I've managed to optimise the code that generates characters so that it generates one million characters in 0.4s (on my machine - on others it may vary) and can do so for as long as desired (achieved by writing the string of characters

in groups of 175 to a file, clearing the string, and repeating the process), but for the million characters, the original algorithms to compare the dictionary words with the generated characters took over a minute - I see little point

in having a program that can generate one million characters in 0.4s if it takes a minute to check them. I later hit upon the problem that if I tried to read a significant number of characters (~13,850,000 --- 13.6mb) from the text

file I'd run out of heap space (schoolboy error, I know).

I've spent about twelve hours trying to get the comparison part of the code running as quickly as the generating part:

- Split the generated characters into a string of a set length (from 175 characters to 50,000). Once the string was full, I checked the dictionary words against it, recorded any matches, cleared the string, and repeated the process.

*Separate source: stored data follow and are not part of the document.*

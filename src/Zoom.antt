-- ===== src/Zoom.antt =====
-- The map bridge: the limits on the rate of its frames, kv8zoom/DecimationController.{h,cpp}.
pub mod Decimation
pub mod Trail
pub mod Farthest
pub mod Simplified
pub mod Thinned
pub mod Frames
pub mod Payloads
pub mod Reader
pub mod Subscribed
pub mod Delivered
pub mod Bridge
pub mod Catalog
pub mod Timer
pub mod Clients
pub mod Silence
pub mod Playback
pub mod Seeking
pub mod Choosing
pub mod Switching
pub mod Sparse
mod ReaderTests
mod BridgeTests
pub mod Spacing
pub mod Rates
mod Tests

- Split the generated characters into strings of a set length (again, 175 - 50,000), add the strings to an ArrayList when full (I also tried t with an array - divide the number of generated characters by the length of each string and

add 1 if (mod1) == 0 to get the dimension of the array), and comparing each dictionary word with each element in the ArrayList once all the generated characters had been added to a string (much like above, except the comparison comes

once everything is done, rather than on the fly)

I've tried variations on the same themes, but to no avail. Instead, the comparisons seem to have become slower. I'm going to try comparing the characters as they're generated (I doubt it'll do much, but it doesn't hurt to try).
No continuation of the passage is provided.